Some weeks have several potential streaming options, while others are scarce. But the streaming strategy is often pursued because production at the position doesn’t make buying high either on draft day or through a trade an appealing strategy. If we exclude both the elite defenses and the bottom feeders (teams at 80 fantasy points and above, and teams at 20 or below), then the median point total is currently 55, and 11 teams are within 10 points of that right now either on the high or low end.
Often defenses are owned widely due to name value purchases, and little else.

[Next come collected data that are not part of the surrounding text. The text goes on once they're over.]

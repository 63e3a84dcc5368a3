-- ===== src/Screen/Searches.antt =====
-- src/main.cpp: the searches for a text and for a pid.
-- `now` is the steady clock's time in milliseconds.
use mtop.Base.{
  ℕ, zero, suc, ◌+◌, ◌%◌, false, not, ◌||◌, ltb, if◌then◌else◌, List, [], ◌∷◌, ◌++◌, Option, none,
  some, is_nil, length, get_elem?, Bytes, str, is_prefix,
}
use mtop.Base.Int.{ℤ, int_text}
use mtop.Screen.{UiState, ProcessRow, process_matches_query}
use mtop.Screen.Actions.{find_selected}

abbrev pub start_of : Option ℕ → ℕ
start_of none = 0
start_of (some index) = suc index

unfoldable pub set_status : UiState → Bytes → ℕ → ℕ → UiState
set_status state message duration_ms now = record state {
  status_message = message;
  status_deadline = now + duration_ms;
}

-- what follows the loop, and its `return`
unfoldable pub select_found : Option ℤ → UiState → ℕ → UiState
unfolding set_status
select_found none state now = set_status state (str "No search match: " ++ state.search) 3000 now
select_found (some pid) state now = record state { selected_pid = some pid }

module _ {F : Type 0} where
  -- one step of the loop: the row's pid if it matches, and else what the later steps give
  abbrev pub look : Option (ProcessRow F) → Bytes → Option ℤ → Option ℤ
  look none query rest = rest
  look (some row) query rest =
      if process_matches_query row.process query then some row.process.pid else rest

  -- The loop over `offset`; `tried` counts from 0 what `offset` counts from 1, and `start` is
  -- base_index + 1, so that no number is negative.
  unfoldable pub search_rows : List (ProcessRow F) → Bytes → ℕ → ℕ → ℕ → Option ℤ
  search_rows rows query start zero tried = none
  search_rows rows query start (suc offsets) tried =
      let rest = search_rows rows query start offsets (suc tried) in
      look (get_elem? rows ((start + tried + length rows) % length rows)) query rest

  unfoldable pub apply_search_request : UiState → List (ProcessRow F) → ℕ → UiState
  unfolding search_rows find_selected select_found
  apply_search_request state rows now =
      let asked = record state { search_pending = false } in
      let found =
        search_rows rows state.search (start_of (find_selected rows state)) (length rows) 0 in
      if not state.search_pending
      then state
      else if is_nil state.search || is_nil rows
      then asked
      else select_found found asked now

  -- the first row whose pid starts with the digits
  unfoldable pub find_pid_prefix : List (ProcessRow F) → Bytes → Option ℤ
  find_pid_prefix [] digits = none
  find_pid_prefix (row ∷ rows) digits =
      if is_prefix digits (int_text row.process.pid)
      then some row.process.pid
      else find_pid_prefix rows digits

  -- `ch` is the byte that is typed
  unfoldable pub apply_pid_search : UiState → List (ProcessRow F) → ℕ → ℕ → UiState
  unfolding find_pid_prefix set_status
  apply_pid_search state rows ch now =
      let before = if ltb state.pid_search_deadline now then [] else state.pid_search in
      let typed = before ++ (ch ∷ []) in
      let waiting = record state { pid_search = typed; pid_search_deadline = now + 1500 } in
      if ltb 8 (length typed)
      then set_status (record state { pid_search = [] }) (str "Cleared stale numeric input") 1200
          now
      else elim (find_pid_prefix rows typed) [
        | none ↦ set_status waiting (str "No PID match: " ++ typed) 1200 now
        | some pid ↦ record waiting { selected_pid = some pid }
      ]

For example, the Steelers are owned in 85 percent of ESPN leagues, yet they actually fall below that median point total with 49 points. Same with the Ravens and their 52 points and 86 percent ownership, although in fairness they’re fighting through some serious injuries.
Trading for the Bears defense then becomes a matter of gauging your desire to jump into that top tier, and that process entails measuring the likelihood of Chicago maintaining its current point pace. Despite their own dominance last year, the 49ers defense only totaled 186 points, a number the Bears are set to absolutely shatter (they’re on pace for 281 points). They have favorable matchups the rest of the way between two games against the Vikings, Arizona in Week 16, and the merely adequate offensively 49ers in Week 11.
But there’s just as many awful matchups for a defense that’s feasted off of woeful offenses during the first half, a list that includes the Jaguars, the Colts during Andrew Luck’s first career start, and the Rams and Panthers. On deck for Chicago is Houston this week, the Seahawks and Marshawn Lynch in Week 13, Green Bay and that Aaron Rodgers dude in Week 15, and the Lions to close out the season.
So use extreme caution and care, and only deal for the Bears defense if you’re making a playoff push, and you have an abundance of depth elsewhere.
Anyone who’s trading the Bears defense in a re-draft league has the right to ask for a top position player, since they’re collectively trading you 11 top position players. That could result in some trade offers that seem absurd at first, but they’re now within the realm of possibility.
Would you give up Calvin Johnson? You shouldn’t, but the Bears defense has reached that level, and that price tag.